### EXERCISE DATA

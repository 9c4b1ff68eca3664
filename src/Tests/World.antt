-- ===== src/Tests/World.antt =====
-- A small world: two kinds of messages, encodings that can be undone, and a map visited as it is built.
use old_broker_repo.Prelude.{
  ℕ, zero, suc, Text, codes, List, [], ◌∷◌, Bool, true, false, ◌&&◌, Option, none, some, Error,
  foreign, Result, ok, panic, ◌⊎◌, inl, inr, ◌≡◌, refl, arith, Bool-cases, Permᴰ, sym, ◌∙◌, ◌==◌,
  eq_iff, if◌then◌else◌,
}
use old_broker_repo.Prelude.Calls.{Ranging}
use old_broker_repo.Proto.{Messages}
use old_broker_repo.Config.Resource.{Meta, JsonConfig, Labels}
use old_broker_repo.Config.Codec.{Codec, CodecLaws}

-- A service class with a name, a plan with a name that serves the service of that name, and a value
-- that has no encoding.
pub data TestMessage : Type 0 where
  class plan : Text → TestMessage
  junk : TestMessage

abbrev pub cast_class : TestMessage → Option Text
cast_class (class n) = some n
cast_class (plan n) = none
cast_class junk = none

abbrev pub cast_plan : TestMessage → Option Text
cast_plan (class n) = none
cast_plan (plan n) = some n
cast_plan junk = none

abbrev pub msgs : Messages
msgs = record {
  Message = TestMessage;
  ServiceClass = Text;
  ServicePlan = Text;
  CatalogEntry = Text;
  CatalogPlan = Text;
  as_service_class = cast_class;
  as_service_plan = cast_plan;
  get_entry = λ n. n;
  entry_name = λ n. n;
  entry_id = λ n. n;
  entry_description = λ n. n;
  get_plan = λ n. n;
  plan_name = λ n. n;
  plan_id = λ n. n;
  plan_description = λ n. n;
  get_services = λ n. n ∷ [];
}

abbrev pub message_name : TestMessage → Text
message_name (class n) = codes "istio.broker.v1.config.ServiceClass"
message_name (plan n) = codes "istio.broker.v1.config.ServicePlan"
message_name junk = []

abbrev pub message_type : Text → Option TestMessage
message_type name =
    if name == codes "istio.broker.v1.config.ServiceClass"
    then some (class [])
    else if name == codes "istio.broker.v1.config.ServicePlan"
    then some (plan [])
    else none

abbrev pub encode : TestMessage → Error ⊎ Text
encode (class n) = inr (zero ∷ n)
encode (plan n) = inr (suc zero ∷ n)
encode junk = inl (foreign (codes "no encoding"))

abbrev pub decode : Text → Error ⊎ TestMessage
decode [] = inl (foreign (codes "unexpected end"))
decode (zero ∷ n) = inr (class n)
decode (suc zero ∷ n) = inr (plan n)
decode (suc (suc c) ∷ n) = inl (foreign (codes "unexpected character"))

abbrev pub test_meta : Meta
test_meta = record {
  type = codes "service-class";
  name = codes "productpage";
  namespace = codes "default";
  istio_namespace = [];
  labels = [];
  annotations = [];
  resource_version = codes "7";
}

abbrev is_empty : Labels → Bool
is_empty [] = true
is_empty (x ∷ xs) = false

-- Only configurations with this metadata can be written.
abbrev is_test_meta : Meta → Bool
is_test_meta m =
    m.type == test_meta.type
    && m.name == test_meta.name
    && m.namespace == test_meta.namespace
    && m.istio_namespace == []
    && is_empty m.labels
    && is_empty m.annotations
    && m.resource_version == test_meta.resource_version

-- jsonpb panics at the value that has no encoding.
abbrev marshal : TestMessage → Result Text
marshal (class n) = ok (zero ∷ n)
marshal (plan n) = ok (suc zero ∷ n)
marshal junk = panic

abbrev pub codec : Codec TestMessage
codec = record {
  Value = TestMessage;
  message_type = message_type;
  marshal_to_string = marshal;
  unmarshal_string = λ js pb. decode js;
  json_unmarshal = decode;
  yaml2_marshal = encode;
  json_to_yaml = λ js. inr js;
  yaml_to_json = λ y. inr y;
  yaml_marshal =
      λ j. if is_test_meta j.meta then encode j.spec else inl (foreign (codes "cannot write"));
  yaml_unmarshal =
      λ y. elim (decode y) [ inl e ↦ inl e | inr m ↦ inr (record { meta = test_meta; spec = m }) ];
}

inr-injective : {x y : Text} → ◌≡◌ {A = Error ⊎ Text} (inr x) (inr y) → x ≡ y
inr-injective p = cc

is_test_meta_sound : (m : Meta) → is_test_meta m ≡ true → m ≡ test_meta
is_test_meta_sound m h = ground (
  arith,
  eq_iff m.type test_meta.type,
  eq_iff m.name test_meta.name,
  eq_iff m.namespace test_meta.namespace,
  eq_iff m.istio_namespace [],
  eq_iff m.resource_version test_meta.resource_version,
)

decode-encode : (m : TestMessage) (js : Text) → encode m ≡ inr js → decode js ≡ inr m
decode-encode (class n) js p = rw (← inr-injective p)
decode-encode (plan n) js p = rw (← inr-injective p)
decode-encode junk js p = cc

encode-decode : (js : Text) (m : TestMessage) → decode js ≡ inr m → encode m ≡ inr js
encode-decode [] m p = cc
encode-decode (zero ∷ n) m p = ground arith
encode-decode (suc zero ∷ n) m p = ground arith
encode-decode (suc (suc c) ∷ n) m p = cc

yaml_round_lem :
    (j : JsonConfig TestMessage) (y : Text)
    → codec.yaml_marshal j ≡ inr y
    → codec.yaml_unmarshal y ≡ inr j
yaml_round_lem j y h = elim (Bool-cases (is_test_meta j.meta)) [
  | inl e ↦
      let same = is_test_meta_sound j.meta e in ground (arith, decode-encode j.spec y (rw e at h))
  | inr e ↦ cc (rw e at h)
]

ok-injective : {x y : Text} → ◌≡◌ {A = Result Text} (ok x) (ok y) → x ≡ y
ok-injective p = cc

decode-marshal : (m : TestMessage) (js : Text) → marshal m ≡ ok js → decode js ≡ inr m
decode-marshal (class n) js p = rw (← ok-injective p)
decode-marshal (plan n) js p = rw (← ok-injective p)
decode-marshal junk js p = cc

pub codec_laws : CodecLaws codec message_name
codec_laws = record {
  jsonpb_round = λ {empty} {m} {js} p q. decode-marshal m js q;
  jsonpb_value = λ {js} {js'} {v} pb p q. p ∙ sym q;
  jsonpb_json = λ {m} {js} p. (m, decode-marshal m js p);
  yaml2_round = λ {js} {v} p. (js, js, encode-decode js v p, refl, p);
  yaml_round = λ {js} {v} p. (js, js, refl, refl, p);
  yaml_config_round = λ {j} {y} p. yaml_round_lem j y p;
}

pub perm_refl : {V : Type 0} (m : List (Text × V)) → Permᴰ m m
perm_refl [] = Permᴰ.nil
perm_refl (e ∷ m) = Permᴰ.cons refl (perm_refl m)

abbrev pub ranging : Ranging ℕ
ranging = record { visit = λ m w. (m, suc w); visit_perm = λ m w. perm_refl m }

### WHAT TO PRODUCE
Starting from the records above, copy each line where the string "Option" is found.

### TASK RESPONSE
  ℕ, zero, suc, Text, codes, List, [], ◌∷◌, Bool, true, false, ◌&&◌, Option, none, some, Error,
abbrev pub cast_class : TestMessage → Option Text
abbrev pub cast_plan : TestMessage → Option Text
abbrev pub message_type : Text → Option TestMessage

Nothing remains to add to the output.